América Latina y Chile
Colombia anunció la implementación de un «escudo antidrones» y una modernización paralela. Se destinarán US$1.68 mil millones para contrarrestar ataques de drones por parte de grupos armados, en un contexto donde se intensifican las tácticas que involucran sistemas aéreos no tripulados (UAS). Además, la adquisición de aviones Gripen de Saab también reconfigura el equilibrio de capacidades en la región.
Esto tiene repercusiones para Chile, ya que la proliferación de drones armados como herramientas de bajo costo está impulsando doctrinas C-UAS (detección, guerra electrónica, cinética) a nivel estatal. Para Chile, esto se traduce en tres áreas clave: protección de infraestructura crítica, seguridad de bases y refuerzo de la vigilancia en la frontera norte.
En Venezuela, informes indican que la ciberconflictividad se está utilizando como un «habilitador» de operaciones políticas y militares, impactando la estabilidad regional y las narrativas de legitimidad. A pesar de un poder político frágil, la influencia de Estados Unidos en diversas áreas del país sigue creciendo. También ha surgido incertidumbre sobre por qué las baterías antiaéreas venezolanas, en su mayoría de origen ruso, no fueron efectivas durante una operación estadounidense para extraer a Maduro.
Chile está configurando un marco normativo y operativo que incluye: (i) espionaje/contrainteligencia, con debates sobre competencias militares y civiles, y (ii) protección reforzada de infraestructura crítica. Esto reorganiza las prioridades del presupuesto y exige una coordinación interagencial efectiva (Defensa–Interior/Security–MP–ANI/CSIRT sectoriales), especialmente si el país busca credibilidad ante socios (OTAN/UE/EE.UU.) en áreas como logística y resiliencia.
La Comisión de Defensa de la Cámara de Diputados recientemente aprobó el proyecto que modifica el Código Penal para permitir la intervención de la fiscalía militar en investigaciones sobre espionaje (Boletín 17.690-07), con la participación de la Ministra.
Simultáneamente, la Comisión de Defensa del Senado continuó evaluando las propuestas del proyecto de protección de infraestructura crítica (Boletín 16.143-02), con la asistencia de representantes del Interior y Seguridad Pública, consolidando así la idea de que «infraestructura crítica = seguridad del Estado» (incluyendo ciberaspectos y continuidad operativa).
Si este marco se implementa con métricas, ejercicios y auditorías, podría convertirse en un «acelerador» de la madurez cibernética en todo el ecosistema crítico (puertos, aeropuertos, energía, telecomunicaciones). Sin embargo, si se limita a ser un cumplimiento formal, no será suficiente para enfrentar las amenazas estatales y criminales.
OTAN, Ucrania y Rusia
Esta semana se ha intensificado la escalada en torno a la infraestructura energética, y la llegada del invierno aumenta la urgencia logística. Ucrania ha respondido acelerando la importación de electricidad y equipos debido a una crisis energética agravada por ataques rusos que generan presiones sociales y militares.

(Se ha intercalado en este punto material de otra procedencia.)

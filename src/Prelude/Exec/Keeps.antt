-- ===== src/Prelude/Exec/Keeps.antt =====
-- Methods after which a transitive relation holds between the old state and the new one.
use nightshift_opi.Prelude.Results.{Result, ok, err}
use nightshift_opi.Prelude.Exec.{Exec, continue, ◌>>=◌, ◌>>◌}

abbrev pub Keeps : {S A : Type 0} → (S → S → Type 0) → Exec S A → Type 0
Keeps {S} R m = (s : S) → R s (m s).1

module _ {S : Type 0} (R : S → S → Type 0) (trans : (s t u : S) → R s t → R t u → R s u) where
  continue-Keeps :
      {A B : Type 0} (r : Result A) (f : A → Exec S B)
      → ((a : A) → Keeps R (f a))
      → (s t : S) → R s t
      → R s (continue r f t).1
  continue-Keeps (ok a) f k s t h = trans s t (f a t).1 h (k a t)
  continue-Keeps (err e) f k s t h = h

  pub bind-Keeps :
      {A B : Type 0} (m : Exec S A) (f : A → Exec S B)
      → Keeps R m
      → ((a : A) → Keeps R (f a))
      → Keeps R (m >>= f)
  bind-Keeps m f h k s = continue-Keeps (m s).0 f k s (m s).1 (h s)

  pub then-Keeps :
      {B : Type 0} (m : Exec S Unit) (n : Exec S B) → Keeps R m → Keeps R n → Keeps R (m >> n)
  then-Keeps m n h k = bind-Keeps m (λ _. n) h (λ _. k)
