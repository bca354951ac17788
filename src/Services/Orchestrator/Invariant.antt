-- ===== src/Services/Orchestrator/Invariant.antt =====
-- What every task of the program keeps: the invariant of the orchestrator, and revisions that do
-- not fall.
pub mod Steps
pub mod Outcomes
pub mod Evaluation
pub mod Actions
pub mod Calls
use nightshift_opi.Prelude.{
  ℕ, suc, ◌≤◌, ◌≡◌, refl, Bool, true, false, Option, none, some, ltb, arith,
}
use nightshift_opi.Prelude.Bytes.{Bytes}
use nightshift_opi.Prelude.Exec.Keeps.{Keeps, bind-Keeps, then-Keeps}
use nightshift_opi.Domain.Events.{DomainEvent}
use nightshift_opi.Domain.Models.{SystemMode, SystemState}
use nightshift_opi.Services.Tasks.Transitions
use nightshift_opi.Services.Confirmations.{Database}
use nightshift_opi.Services.Executor.{new_executor}
use nightshift_opi.Services.Orchestrator.{Orchestrator, Environment, init}

abbrev pub IsValidDatabase : Option Database → Type 0
IsValidDatabase none = Unit
IsValidDatabase (some db) = Transitions.IsValid db.tasks

-- NEED_CONFIRM stands for a count above 0, PANEL_OFFLINE and SENSOR_ERROR are set only while the
-- panel is offline and the mode is IDLE, the work state is the executor's, and the task table is
-- valid.
pub record Inv (o : Orchestrator) : Type 0 where
  pub counted : o.state.attention.need_confirm ≡ ltb 0 o.state.confirmation_count
  pub offline : o.state.attention.panel_offline ≡ true → o.state.panel_online ≡ false
  pub resting : o.state.attention.sensor_error ≡ true → o.state.mode ≡ SystemMode.idle
  pub working : o.state.work_state ≡ o.executor.state
  pub tables : IsValidDatabase o.db

-- From `o` to `p` the invariant is kept and the revision does not fall.
abbrev pub Later : Orchestrator → Orchestrator → Type 0
Later o p = (Inv o → Inv p) × (o.state.revision ≤ p.state.revision)

pub Later-refl : (o : Orchestrator) → Later o o
Later-refl o = ((λ v. v), omega arith)

pub Later-trans : (o p q : Orchestrator) → Later o p → Later p q → Later o q
Later-trans o p q (f, a) (g, b) = ((λ v. g (f v)), omega arith)

-- What is assumed of the tasks that run while the orchestrator waits.
pub record Relies (env : Environment) : Type 0 where
  pub sends : (command : ℕ) (payload : Bytes) → Keeps Later (env.send command payload)
  pub states : (s : SystemState) (o : Orchestrator) → Later o (env.state_listeners s o)
  pub events : (e : DomainEvent) (o : Orchestrator) → Later o (env.event_listeners e o)

pub init-Inv :
    (db : Option Database) (dwell_ms stale_ms : Option ℕ) (now_ms : ℕ)
    → IsValidDatabase db
    → Inv (init db dwell_ms stale_ms now_ms)
unfolding init
init-Inv db dwell_ms stale_ms now_ms v = record {
  counted = refl;
  offline = λ h. refl;
  resting = λ h. refl;
  working = refl;
  tables = v;
}
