-- ===== src/Uart/Encode.antt =====
-- Payloads sent to the panel (nightshift/hardware/uart/protocol.py, the encoders). `x & 0xFF..` is
-- the remainder by the power of two.
use nightshift_opi.Prelude.{ℕ, ◌%◌, ◌^◌, [], ◌∷◌, ◌++◌, Result, ok, ◌>>=◌}
use nightshift_opi.Prelude.Bytes.{Bytes, pack}
use nightshift_opi.Prelude.Int.{ℤ, of_signed}
use nightshift_opi.Domain.Models.{
  SystemMode, WorkState, AttentionFlag, attention_bits, DashboardState, mode_to_byte,
  work_state_to_byte,
}
use nightshift_opi.Uart.Text.{Text, encode_string}

abbrev u8 : ℕ → ℕ
u8 n = n % 2 ^ 8

abbrev u16 : ℕ → ℕ
u16 n = n % 2 ^ 16

abbrev u32 : ℕ → ℕ
u32 n = n % 2 ^ 32

abbrev u64 : ℕ → ℕ
u64 n = n % 2 ^ 64

unfoldable pub encode_hello : ℕ → ℕ → ℕ → ℕ → ℕ → ℕ → Text → Result Bytes
encode_hello peer_role major minor boot_id max_payload capabilities software_version = do
  head ← pack (
      (1, peer_role)
      ∷ (1, major)
      ∷ (1, minor)
      ∷ (4, boot_id)
      ∷ (2, max_payload)
      ∷ (2, capabilities)
      ∷ [])
  text ← encode_string software_version
  ok (head ++ text)

unfoldable pub encode_heartbeat : ℕ → ℕ → Result Bytes
encode_heartbeat uptime_ms state_revision = pack ((4, uptime_ms) ∷ (4, state_revision) ∷ [])

unfoldable pub encode_heartbeat_response : ℕ → ℕ → ℕ → ℕ → Result Bytes
encode_heartbeat_response status t5_uptime_ms applied_revision error_flags = pack (
    (2, u16 status) ∷ (4, u32 t5_uptime_ms) ∷ (4, u32 applied_revision) ∷ (4, u32 error_flags) ∷ [])

unfoldable pub encode_state_sync_begin : ℕ → ℕ → Result Bytes
encode_state_sync_begin revision reason = pack ((4, revision) ∷ (1, reason) ∷ [])

unfoldable pub encode_state_sync_end : ℕ → ℕ → Result Bytes
encode_state_sync_end revision snapshot_crc32 = pack ((4, revision) ∷ (4, snapshot_crc32) ∷ [])

unfoldable pub encode_mode_set : ℕ → SystemMode → ℕ → ℕ → Result Bytes
encode_mode_set revision mode changed_at_ms reason =
    pack ((4, revision) ∷ (1, mode_to_byte mode) ∷ (1, u8 reason) ∷ (8, changed_at_ms) ∷ [])

unfoldable pub encode_attention_set : ℕ → AttentionFlag → ℕ → Text → Result Bytes
encode_attention_set revision attention confirmation_count short_message = do
  head ← pack ((4, revision) ∷ (4, attention_bits attention) ∷ (2, confirmation_count) ∷ [])
  text ← encode_string short_message
  ok (head ++ text)

unfoldable pub encode_work_state_set : ℕ → WorkState → ℕ → ℕ → ℕ → ℕ → ℕ → Text → Result Bytes
encode_work_state_set revision work_state permille token_input token_output elapsed task_id title =
    do
      head ← pack (
          (4, revision)
          ∷ (1, work_state_to_byte work_state)
          ∷ (2, permille)
          ∷ (2, 0)
          ∷ (4, token_input)
          ∷ (4, token_output)
          ∷ (4, elapsed)
          ∷ (4, task_id)
          ∷ [])
      text ← encode_string title
      ok (head ++ text)

unfoldable pub encode_dashboard_set : ℕ → DashboardState → Result Bytes
encode_dashboard_set revision d = pack (
    (4, revision)
    ∷ (2, d.urgent_auto)
    ∷ (2, d.normal_auto)
    ∷ (2, d.urgent_confirm)
    ∷ (2, d.normal_confirm)
    ∷ (2, d.completed_today)
    ∷ (2, d.failed_today)
    ∷ [])

unfoldable pub encode_ui_action : ℕ → ℕ → ℕ → ℤ → Text → Result Bytes
encode_ui_action action object_type object_id value text = do
  field ← of_signed 4 value
  head ← pack ((2, action) ∷ (1, object_type) ∷ (4, object_id) ∷ (4, field) ∷ [])
  tail ← encode_string text
  ok (head ++ tail)

unfoldable pub encode_get_info_request : Bytes
encode_get_info_request = []

unfoldable pub encode_get_info_response :
    ℕ → ℕ → ℕ → ℕ → ℕ → ℕ → ℕ → ℕ → ℕ → Text → Text → Result Bytes
encode_get_info_response status major minor max_payload capabilities width height bits tasks
      firmware_version board_name =
    do
      head ← pack (
          (2, u16 status)
          ∷ (1, u8 major)
          ∷ (1, u8 minor)
          ∷ (2, u16 max_payload)
          ∷ (4, u32 capabilities)
          ∷ (2, u16 width)
          ∷ (2, u16 height)
          ∷ (1, u8 bits)
          ∷ (1, u8 tasks)
          ∷ [])
      firmware ← encode_string firmware_version
      board ← encode_string board_name
      ok (head ++ firmware ++ board)

unfoldable pub encode_time_sync : ℕ → ℤ → Result Bytes
encode_time_sync now_ms tz_offset_minutes = do
  offset ← of_signed 2 tz_offset_minutes
  pack ((8, u64 now_ms) ∷ (2, offset) ∷ [])

unfoldable pub encode_notice_show : ℕ → ℕ → ℕ → ℕ → ℕ → Text → Text → Result Bytes
encode_notice_show revision notice_id severity flags expires_at_ms title body = do
  head ← pack (
      (4, u32 revision)
      ∷ (4, u32 notice_id)
      ∷ (1, u8 severity)
      ∷ (1, u8 flags)
      ∷ (8, u64 expires_at_ms)
      ∷ [])
  first ← encode_string title
  second ← encode_string body
  ok (head ++ first ++ second)

unfoldable pub encode_task_list_begin : ℕ → ℕ → ℕ → Result Bytes
encode_task_list_begin revision list_type item_count =
    pack ((4, u32 revision) ∷ (1, u8 list_type) ∷ (2, u16 item_count) ∷ [])

unfoldable pub encode_task_item : ℕ → ℕ → ℕ → ℕ → ℕ → Text → Text → Result Bytes
encode_task_item revision task_id quadrant task_state flags title source = do
  head ← pack (
      (4, u32 revision)
      ∷ (4, u32 task_id)
      ∷ (1, u8 quadrant)
      ∷ (1, u8 task_state)
      ∷ (1, u8 flags)
      ∷ [])
  first ← encode_string title
  second ← encode_string source
  ok (head ++ first ++ second)

unfoldable pub encode_task_list_end : ℕ → ℕ → Result Bytes
encode_task_list_end revision list_crc32 = pack ((4, u32 revision) ∷ (4, u32 list_crc32) ∷ [])

unfoldable pub encode_led_override : ℕ → ℕ → ℕ → Result Bytes
encode_led_override active mode period_ms =
    pack ((1, u8 active) ∷ (1, u8 mode) ∷ (2, u16 period_ms) ∷ [])

unfoldable pub encode_backlight_set : ℕ → Result Bytes
encode_backlight_set percent = pack ((1, u8 percent) ∷ [])

unfoldable pub encode_page_event : ℕ → ℕ → ℕ → Result Bytes
encode_page_event page_id event object_id =
    pack ((1, u8 page_id) ∷ (1, u8 event) ∷ (4, u32 object_id) ∷ [])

En términos diplomáticos, Kiev ha enviado representantes a conversaciones sobre garantías y reconstrucción, con expectativas de logros políticos durante el Foro de Davos.
La UE propuso apoyo financiero para 2026–2027, que incluye elementos militares, enviando un fuerte mensaje de compromiso europeo (con condiciones políticas) que también afectará la industria europea y su capacidad de reposición.
Se continúa con entrenamiento y ejercicios en condiciones climáticas extremas, y han comenzado los primeros preparativos para ejercicios en el Ártico (como «Cold Response 26»), reflejando una reorientación aliada hacia alta intensidad en el norte.
Para Chile, esto podría tener al menos dos consecuencias concretas: una relacionada con las cadenas de suministro en defensa (Europa prioriza reposición y municiones) y otra que aumenta la presión sobre estándares de resiliencia (ciber y infraestructura crítica) para países socios y proveedores.
Estados Unidos, hemisferio occidental y Venezuela
La administración de Trump ha impulsado medidas que vinculan recompras y dividendos a cumplimiento de cronogramas de entrega; solo el anuncio modifica incentivos y expectativas del mercado. Esto ha generado un aumento en el valor de las acciones de defensa ante llamados a un mayor presupuesto, lo que retroalimenta el ciclo político-industrial.
Para Chile, si EE. UU. endurece las reglas y prioriza la producción nacional, los países compradores pequeños y medianos podría enfrentar plazos más largos, costos mayores y una mayor condicionalidad política. Chile debería anticiparse con contratos que aseguren soporte, repuestos y escalabilidad logística.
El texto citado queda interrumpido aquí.